In contrast, the second cluster to appear, c1, is a more robust self-replicator. Over the same 10,000-tick interval, c1 produces 1677 offspring, all causally linked to the original c1 instance. Near tick 10,000, we observe one c1 offspring producing three additional c1 clusters, demonstrating a second generation of replication. We hypothesize that the first-generation offspring of both c0 and c1 are primarily the result of the expanding leading edge, while the emergence of second-generation offspring may be due to interactions at the boundary where opposing wavefronts meet following the system’s periodic closure.

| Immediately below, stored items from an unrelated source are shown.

-- ===== src/Voice/Kept.antt =====
-- The steps of `InteractionCore` (python/tom/voice/interaction_core.py) that ask the engine for no
-- stop of the playback.
use tom.Prelude.{All, All-map, length, ◌≤◌, ℕ, ◌+◌, ◌≡◌, ◌∙◌, Bool, false, List, [], ◌∷◌, arith}
use tom.Voice.Pipeline.{VoicePipelineState, listening}
use tom.Voice.Core.{
  Audio, Turn, After, returns, listens, begins, Phase, flushing, InteractionCore, transition,
  transition_in, finish_stop, finish_shutdown_stop,
}
use tom.Voice.Turns.{
  prepare_turn, drop_turn, recover, start_turn, notify_speaking, complete_playback, end_turn,
  return_to_listening, drop_turn, finish_barge_in, shut_down, go_on,
}
use tom.Voice.Runs.{complete_response}
use tom.Voice.Core.{has_epoch}

abbrev pub IsDistinct : List ℕ → Type 0
IsDistinct [] = Unit
IsDistinct (e ∷ es) = (has_epoch e es ≡ false) × IsDistinct es

-- The engine is asked to stop, and has not answered.
abbrev pub asked : Phase → ℕ
asked (flushing e after) = 1
asked _ = 0

abbrev pub IsCounted : InteractionCore → Type 0
IsCounted c =
    All (λ e. e ≤ c.epoch) c.stopped_epochs
    × IsDistinct c.stopped_epochs
    × (c.engine_calls + asked c.phase + asked c.shutdown ≤ length c.stopped_epochs)
    × (length c.stopped_epochs ≤ c.epoch)

-- The stops are those of another core, its epoch is not older, and it is stopped if the other is.
unfoldable pub Keeps : InteractionCore → InteractionCore → Type 0
Keeps c d =
    (d.stopped_epochs ≡ c.stopped_epochs)
    × (d.engine_calls + asked d.phase + asked d.shutdown
        ≤ c.engine_calls + asked c.phase + asked c.shutdown)
    × (c.epoch ≤ d.epoch)
    × (d.is_stopped ≡ c.is_stopped)

pub above : (m n : ℕ) → m ≤ n → (es : List ℕ) → All (λ e. e ≤ m) es → All (λ e. e ≤ n) es
above m n h es a = All-map (λ e x. ground arith) es a

pub kept-IsCounted : (c d : InteractionCore) → Keeps c d → IsCounted c → IsCounted d
unfolding Keeps
kept-IsCounted c d (s, k, e, i) (a, b, n, l) =
    rw s (above c.epoch d.epoch e c.stopped_epochs a, b, omega arith, omega arith)

pub notify_speaking-Keeps : (t : Turn) (c : InteractionCore) → Keeps c (notify_speaking t c)
unfolding Keeps notify_speaking transition_in transition
notify_speaking-Keeps t c = ground arith

pub complete_response-Keeps : (t : Turn) (c : InteractionCore) → Keeps c (complete_response t c)
unfolding Keeps complete_response complete_playback
complete_response-Keeps t c = ground arith

pub end_turn-Keeps : (t : Turn) (c : InteractionCore) → Keeps c (end_turn t c)
unfolding Keeps end_turn complete_playback
end_turn-Keeps t c = ground arith

pub return_to_listening-Keeps : (c : InteractionCore) → Keeps c (return_to_listening c)
unfolding Keeps return_to_listening transition
return_to_listening-Keeps c = ground arith

pub recover-Keeps : (s : VoicePipelineState) (c : InteractionCore) → Keeps c (recover s c)
unfolding Keeps recover transition
recover-Keeps s c = ground arith

pub start_turn-Keeps :
    (window now : ℕ) (audio : Audio) (c : InteractionCore) → Keeps c (start_turn window now audio c)
unfolding Keeps start_turn prepare_turn transition_in transition recover
start_turn-Keeps window now audio c = ground arith

pub finish_barge_in-Keeps : (e : ℕ) (c : InteractionCore) → Keeps c (finish_barge_in e c)
unfolding Keeps finish_barge_in drop_turn transition_in transition
finish_barge_in-Keeps e c = ground arith

pub shut_down-Keeps : (c : InteractionCore) → Keeps c (shut_down c)
unfolding Keeps shut_down drop_turn transition
shut_down-Keeps c = ground arith

pub listening-Keeps : (c : InteractionCore) → Keeps c (transition listening c)
unfolding Keeps transition
listening-Keeps c = ground arith

pub finish_stop-Keeps :
    (b : Bool) (e : ℕ) (a : After) (c : InteractionCore)
    → asked c.phase ≡ 1
    → Keeps c (finish_stop b e a c)
unfolding Keeps finish_stop
finish_stop-Keeps b e a c h = ground arith

pub finish_shutdown_stop-Keeps :
    (b : Bool) (e : ℕ) (c : InteractionCore)
    → asked c.shutdown ≡ 1
    → Keeps c (finish_shutdown_stop b e c)
unfolding Keeps finish_shutdown_stop finish_stop
finish_shutdown_stop-Keeps b e c h = ground arith

-- Two steps that keep the stops.
both-Keeps : (c d e : InteractionCore) → Keeps c d → Keeps d e → Keeps c e
unfolding Keeps
both-Keeps c d e (s, k, n, i) (t, l, m, j) =
    (t ∙ s, omega (arith, k, l), omega (arith, n, m), j ∙ i)

pub go_on-Keeps :
    (window now e : ℕ) (after : After) (c : InteractionCore) → Keeps c (go_on window now e after c)
unfolding go_on
go_on-Keeps window now e returns c = finish_barge_in-Keeps e c
go_on-Keeps window now e listens c =
    both-Keeps c (finish_barge_in e c) _ (finish_barge_in-Keeps e c)
      (listening-Keeps (finish_barge_in e c))
go_on-Keeps window now e (begins audio) c =
    both-Keeps c (finish_barge_in e c) _ (finish_barge_in-Keeps e c)
      (start_turn-Keeps window now audio (finish_barge_in e c))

The third observed cluster, c2, is the first to exhibit robust, sustained self-replication. Over the first 10,000 ticks, c2 appears 2439 times—replicating more frequently than either c0 or c1. Crucially, a substantial number of c2 offspring go on to reproduce themselves. Figure 5 shows the phylogenetic tree rooted at the original c2 instance. For clarity, the figure includes only the 344 instances that produced at least one offspring. Over the 10,000-tick interval, we observe 15 generations of c2 replication, providing clear evidence of a lineage of persistent, self-replicating clusters.

Fig. 5: Phylogenetic tree of self-replicators derived from the initial c2.
figure 5

Each node represents a self-replicating c2 instance, colored by the duration of its replication cycle (i.e., the number of ticks from parent to offspring). Arrows inherit the color of the offspring they produce. The initial c2 (white) and the four offspring shown in Fig. 6 are outlined in black. Of these four, two are red (675 ticks) and two are blue (778 ticks).

The causal ancestry graph produced by our method represents a different kind of lineage than a traditional organismal phylogeny. Rather than showing evolutionary relationships between organisms, it captures the step-by-step causal descent of cluster instances—individual occurrences of specific patterns across space and time. We refer to the traced causal lineage of cluster instances leading to a replicator as a developmental cluster phylogeny.

Due to the scale of the full causal ancestry graph, we cannot visualize the entire structure, showing relationships among all clusters. Instead, in Fig. 6, we present a focused subset: the developmental cluster phylogeny of the first four c2 offspring that each go on to replicate. This plot traces every intermediate cluster instance in the lineage connecting the original c2 to each of these four replicating descendants. The four branches are color-coded (red, green, blue, and orange) to denote developmental paths associated with only one of the four offspring. Segments shown in black represent nodes that are part of more than one causal pathway; clusters that contribute to the development of multiple offspring. Notably, although the red, green, and blue branches follow distinct developmental pathways early on, they converge during the final 143 ticks, passing through an identical sequence of cluster states before producing the c2 offspring. In other words, while the beginnings of these replication processes differ substantially, their endings are very similar.

Fig. 6: Subgraph of the complete causal pathways resulting in four offspring from the initial c2 cluster.
figure 6

Time and causal progression proceed from left to right. Each node represents a specific cluster instance, and edges indicate causal dependency (each node is fully determined by the connected nodes to its left). Red, green, orange, and blue nodes indicate clusters that occur exclusively within the causal pathway of one offspring, with the rightmost terminal nodes being the replicated c2 instances. Black nodes represent clusters that appear in the causal pathway of more than one offspring. This figure can also be found in high resolution as a Supplementary Figure.

To quantify the growth rate of c2, we measured the size of each generation and performed a linear regression on the logarithm of the node counts for the first 10 generations, plotted as a function of generation number (see Fig. 7a). Assuming an exponential growth model N(d) = rd, where r is the growth rate and d is the generation number, the best-fit line yielded a growth factor of approximately 1.4955. While this model suggests sustained exponential growth, spatial constraints begin to limit replication around tick 10,000, when the expanding front reaches the grid’s periodic boundary, curtailing further expansion in our simulation.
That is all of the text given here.